Action item> Write the entries out in full, matching them exactly.

Extracted entries>
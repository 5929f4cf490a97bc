-- ===== src/CheckOrder/Acceptance/Verdict.antt =====
-- CheckOrder of a guard that NewGuard built, against the table of rules.
use kite_mcp_riskguard.Prelude.{
  ◌≡◌, ◌≤◌, ◌⊎◌, refl, ap, ◌∙◌, true, false, List, [], ◌∷◌, String, arith, Bool-cases, inl, inr,
  map,
}
use kite_mcp_riskguard.Env.{Env}
use kite_mcp_riskguard.Model.{CheckResult, allow, OrderCheckRequest, State, Reading}
use kite_mcp_riskguard.Checks.BandLaws.{IsInt64}
use kite_mcp_riskguard.Chain.{Check, Guard, result}
use kite_mcp_riskguard.Chain.Registrations.{insert_checks-ordered}
use kite_mcp_riskguard.Builtin.{new_guard, builtin_checks}
use kite_mcp_riskguard.CheckOrder.{
  returned, Readings, later, settle, run_checks, check_order, global_freeze_result,
}
use kite_mcp_riskguard.CheckOrder.Laws.{
  rejects, settle_keeps_allowed, proceed_allowed, proceed_stopped, check_order-thawed,
  check_order-frozen,
}
use kite_mcp_riskguard.CheckOrder.Alone.{AnswersAsIn}
use kite_mcp_riskguard.CheckOrder.Alone.Answers.{builtin_checks-AnswersAsIn}
use kite_mcp_riskguard.CheckOrder.Acceptance.Reasons.{
  Rule, rules, reason_of, check_of, IsBreached, Decides, rule-Decides,
}

module _ (E : Env) (req : OrderCheckRequest E) where
  -- None of the rules is breached in the state, each at the reading that its check makes.
  abbrev pub NoneBreached : List Rule → Readings → State E → Type 0
  NoneBreached [] at st = Unit
  NoneBreached (x ∷ xs) at st = (¬ IsBreached E req x (at 0) st) × NoneBreached xs (later at) st

  -- The rule is breached, and those before it are not.
  abbrev pub IsFirstBreach : List Rule → Readings → State E → Rule → Type 0
  IsFirstBreach [] at st x = ⊥
  IsFirstBreach (y ∷ ys) at st x =
      ((x ≡ y) × IsBreached E req y (at 0) st)
      ⊎ ((¬ IsBreached E req y (at 0) st) × IsFirstBreach ys (later at) st x)

  -- What the rules say: the order is allowed, or the first rule that is breached rejects it.
  abbrev pub Verdict : List Rule → Readings → State E → CheckResult → Type 0
  Verdict xs at st r =
      ((r.allowed ≡ true) × NoneBreached xs at st)
      ⊎ ((x : Rule) × IsFirstBreach xs at st x × (r.allowed ≡ false) × (r.reason ≡ reason_of x))

  settle_keeps_reason :
      (c : Check E) (email : String) (r : CheckResult) (at : Readings) (st : State E)
      → (settle E c email r at st).0.reason ≡ r.reason
  unfolding settle
  settle_keeps_reason c email r at st = ground arith

  Verdict-past :
      (x : Rule) (xs : List Rule) (at : Readings) (st : State E) (r : CheckResult)
      → ¬ IsBreached E req x (at 0) st
      → Verdict xs (later at) st r
      → Verdict (x ∷ xs) at st r
  Verdict-past x xs at st r fine (inl (ok, none_)) = inl (ok, (fine, none_))
  Verdict-past x xs at st r fine (inr (y, first, refused, why)) =
      inr (y, inr (fine, first), refused, why)

  run_checks-Verdict :
      (xs : List Rule) (at : Readings) (st s : State E)
      → ((x : Rule) (now : Reading) → Decides E req x now st)
      → AnswersAsIn E req st (map (check_of E) xs) at s
      → (r : CheckResult) × ((run_checks E (map (check_of E) xs) req at s).0 ≡ returned r)
        × Verdict xs at st r
  unfolding run_checks
  run_checks-Verdict [] at st s decides h = (allow, refl, inl (refl, tt))
  run_checks-Verdict (x ∷ xs) at st s decides (same, h) =
      let c = check_of E x in
      let key = E.to_lower req.email in
      let (r, e, to, why) = decides x (at 0) in
      let left = (c.evaluate req (at 0) s).1 in
      let more = λ (s' : State E). run_checks E (map (check_of E) xs) req (later at) s' in
      let ended : c.evaluate req (at 0) s ≡ (result r, left) = λ i. ((same ∙ e) i, left) in
      elim (Bool-cases r.allowed) [
        | inl ok ↦
            let (r', ran, verdict) = run_checks-Verdict xs (later at) st left decides h in
            (
              r',
              rw ended (ap (λ p. p.0) (proceed_allowed E req c key at more r left ok) ∙ ran),
              Verdict-past x xs at st r' (λ b. let refused = to.1 b in cc) verdict,
            )
        | inr bad ↦
            let r' = (settle E c key r at left).0 in
            (
              r',
              rw ended (
                  ap (λ p. p.0)
                    (proceed_stopped E req c key at more (result r) r left (rejects bad))),
              inr (
                x,
                inl (refl, to.0 bad),
                settle_keeps_allowed E req c key r at left ∙ bad,
                settle_keeps_reason c key r at left ∙ why bad,
              ),
            )
      ]

module _ (E : Env) where
  new_guard-builtin_checks : (w : E.World) → (new_guard E w).checks ≡ builtin_checks E
  unfolding new_guard
  new_guard-builtin_checks w = insert_checks-ordered E (builtin_checks E) [] (omega arith)

  -- CheckOrder of a guard that NewGuard built, with no further checks and in any state, returns what the
  -- rules say: the global freeze's result while it is on; otherwise an allowed result if no rule is
  -- breached, and a rejection with the reason of the first rule that is. The state at the start decides,
  -- each rule at its check's reading, though the checks run one after another and some change
  -- trackers and keys meanwhile. The zone is there, a conversion to int64 gives a 64-bit integer,
  -- and the clock does not go back between the count of the day and its value.
  pub check_order-Verdict :
      (w : E.World) (st : State E) (req : OrderCheckRequest E) (at : Readings)
      → E.tzdata ≡ true
      → ((x : E.Float) → IsInt64 (E.truncate x))
      → (at 6).clock ≤ (at 11).clock
      → (r : CheckResult) × ((check_order E (record (new_guard E w) { state = st }) req at).0
          ≡ returned r)
        × (((st.global_frozen ≡ true) × (r ≡ global_freeze_result))
            ⊎ ((st.global_frozen ≡ false) × Verdict E req rules at st r))
  check_order-Verdict w st req at tz truncates le =
      let g : Guard E = record (new_guard E w) { state = st } in
      elim (Bool-cases st.global_frozen) [
        | inl frozen ↦ (
          global_freeze_result,
          ap (λ p. p.0) (check_order-frozen E req g at frozen),
          inl (frozen, refl),
        )
        | inr free ↦
            let (r, ran, verdict) =
              run_checks-Verdict E req rules at st st
                (λ x now. rule-Decides E req tz truncates now st x)
                (builtin_checks-AnswersAsIn E req at st le) in
            let run_built_in =
              ap (λ cs. (run_checks E cs req at st).0) (new_guard-builtin_checks w) ∙ ran in
            (
              r,
              ap (λ p. p.0) (check_order-thawed E req g at free) ∙ run_built_in,
              inr (free, verdict),
            )
      ]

Expected answer>
repository 5929f4cf490a97bc
-- ===== src/CheckOrder/Acceptance/Verdict.antt =====
-- CheckOrder of a guard that NewGuard built, against the table of rules.
use kite_mcp_riskguard.Prelude.{
  ◌≡◌, ◌≤◌, ◌⊎◌, refl, ap, ◌∙◌, true, false, List, [], ◌∷◌, String, arith, Bool-cases, inl, inr,
  map,
}
use kite_mcp_riskguard.Env.{Env}
use kite_mcp_riskguard.Model.{CheckResult, allow, OrderCheckRequest, State, Reading}
use kite_mcp_riskguard.Checks.BandLaws.{IsInt64}
use kite_mcp_riskguard.Chain.{Check, Guard, result}
use kite_mcp_riskguard.Chain.Registrations.{insert_checks-ordered}
use kite_mcp_riskguard.Builtin.{new_guard, builtin_checks}
use kite_mcp_riskguard.CheckOrder.{
  returned, Readings, later, settle, run_checks, check_order, global_freeze_result,
}
use kite_mcp_riskguard.CheckOrder.Laws.{
  rejects, settle_keeps_allowed, proceed_allowed, proceed_stopped, check_order-thawed,
  check_order-frozen,
}
use kite_mcp_riskguard.CheckOrder.Alone.{AnswersAsIn}
use kite_mcp_riskguard.CheckOrder.Alone.Answers.{builtin_checks-AnswersAsIn}
use kite_mcp_riskguard.CheckOrder.Acceptance.Reasons.{
  Rule, rules, reason_of, check_of, IsBreached, Decides, rule-Decides,
}

module _ (E : Env) (req : OrderCheckRequest E) where
  -- None of the rules is breached in the state, each at the reading that its check makes.
  abbrev pub NoneBreached : List Rule → Readings → State E → Type 0
  NoneBreached [] at st = Unit
  NoneBreached (x ∷ xs) at st = (¬ IsBreached E req x (at 0) st) × NoneBreached xs (later at) st

  -- The rule is breached, and those before it are not.
  abbrev pub IsFirstBreach : List Rule → Readings → State E → Rule → Type 0
  IsFirstBreach [] at st x = ⊥
  IsFirstBreach (y ∷ ys) at st x =
      ((x ≡ y) × IsBreached E req y (at 0) st)
      ⊎ ((¬ IsBreached E req y (at 0) st) × IsFirstBreach ys (later at) st x)

  -- What the rules say: the order is allowed, or the first rule that is breached rejects it.
  abbrev pub Verdict : List Rule → Readings → State E → CheckResult → Type 0
  Verdict xs at st r =
      ((r.allowed ≡ true) × NoneBreached xs at st)
      ⊎ ((x : Rule) × IsFirstBreach xs at st x × (r.allowed ≡ false) × (r.reason ≡ reason_of x))

  settle_keeps_reason :
      (c : Check E) (email : String) (r : CheckResult) (at : Readings) (st : State E)
      → (settle E c email r at st).0.reason ≡ r.reason
  unfolding settle
  settle_keeps_reason c email r at st = ground arith

  Verdict-past :
      (x : Rule) (xs : List Rule) (at : Readings) (st : State E) (r : CheckResult)
      → ¬ IsBreached E req x (at 0) st
      → Verdict xs (later at) st r
      → Verdict (x ∷ xs) at st r
  Verdict-past x xs at st r fine (inl (ok, none_)) = inl (ok, (fine, none_))
  Verdict-past x xs at st r fine (inr (y, first, refused, why)) =
      inr (y, inr (fine, first), refused, why)

  run_checks-Verdict :
      (xs : List Rule) (at : Readings) (st s : State E)
      → ((x : Rule) (now : Reading) → Decides E req x now st)
      → AnswersAsIn E req st (map (check_of E) xs) at s
      → (r : CheckResult) × ((run_checks E (map (check_of E) xs) req at s).0 ≡ returned r)
        × Verdict xs at st r
  unfolding run_checks
  run_checks-Verdict [] at st s decides h = (allow, refl, inl (refl, tt))
  run_checks-Verdict (x ∷ xs) at st s decides (same, h) =
      let c = check_of E x in
      let key = E.to_lower req.email in
      let (r, e, to, why) = decides x (at 0) in
      let left = (c.evaluate req (at 0) s).1 in
      let more = λ (s' : State E). run_checks E (map (check_of E) xs) req (later at) s' in
      let ended : c.evaluate req (at 0) s ≡ (result r, left) = λ i. ((same ∙ e) i, left) in
      elim (Bool-cases r.allowed) [
        | inl ok ↦
            let (r', ran, verdict) = run_checks-Verdict xs (later at) st left decides h in
            (
              r',
              rw ended (ap (λ p. p.0) (proceed_allowed E req c key at more r left ok) ∙ ran),
              Verdict-past x xs at st r' (λ b. let refused = to.1 b in cc) verdict,
            )
        | inr bad ↦
            let r' = (settle E c key r at left).0 in
            (
              r',
              rw ended (
                  ap (λ p. p.0)
                    (proceed_stopped E req c key at more (result r) r left (rejects bad))),
              inr (
                x,
                inl (refl, to.0 bad),
                settle_keeps_allowed E req c key r at left ∙ bad,
                settle_keeps_reason c key r at left ∙ why bad,
              ),
            )
      ]

module _ (E : Env) where
  new_guard-builtin_checks : (w : E.World) → (new_guard E w).checks ≡ builtin_checks E
  unfolding new_guard
  new_guard-builtin_checks w = insert_checks-ordered E (builtin_checks E) [] (omega arith)

  -- CheckOrder of a guard that NewGuard built, with no further checks and in any state, returns what the
  -- rules say: the global freeze's result while it is on; otherwise an allowed result if no rule is
  -- breached, and a rejection with the reason of the first rule that is. The state at the start decides,
  -- each rule at its check's reading, though the checks run one after another and some change
  -- trackers and keys meanwhile. The zone is there, a conversion to int64 gives a 64-bit integer,
  -- and the clock does not go back between the count of the day and its value.
  pub check_order-Verdict :
      (w : E.World) (st : State E) (req : OrderCheckRequest E) (at : Readings)
      → E.tzdata ≡ true
      → ((x : E.Float) → IsInt64 (E.truncate x))
      → (at 6).clock ≤ (at 11).clock
      → (r : CheckResult) × ((check_order E (record (new_guard E w) { state = st }) req at).0
          ≡ returned r)
        × (((st.global_frozen ≡ true) × (r ≡ global_freeze_result))
            ⊎ ((st.global_frozen ≡ false) × Verdict E req rules at st r))
  check_order-Verdict w st req at tz truncates le =
      let g : Guard E = record (new_guard E w) { state = st } in
      elim (Bool-cases st.global_frozen) [
        | inl frozen ↦ (
          global_freeze_result,
          ap (λ p. p.0) (check_order-frozen E req g at frozen),
          inl (frozen, refl),
        )
        | inr free ↦
            let (r, ran, verdict) =
              run_checks-Verdict E req rules at st st
                (λ x now. rule-Decides E req tz truncates now st x)
                (builtin_checks-AnswersAsIn E req at st le) in
            let run_built_in =
              ap (λ cs. (run_checks E cs req at st).0) (new_guard-builtin_checks w) ∙ ran in
            (
              r,
              ap (λ p. p.0) (check_order-thawed E req g at free) ∙ run_built_in,
              inr (free, verdict),
            )
      ]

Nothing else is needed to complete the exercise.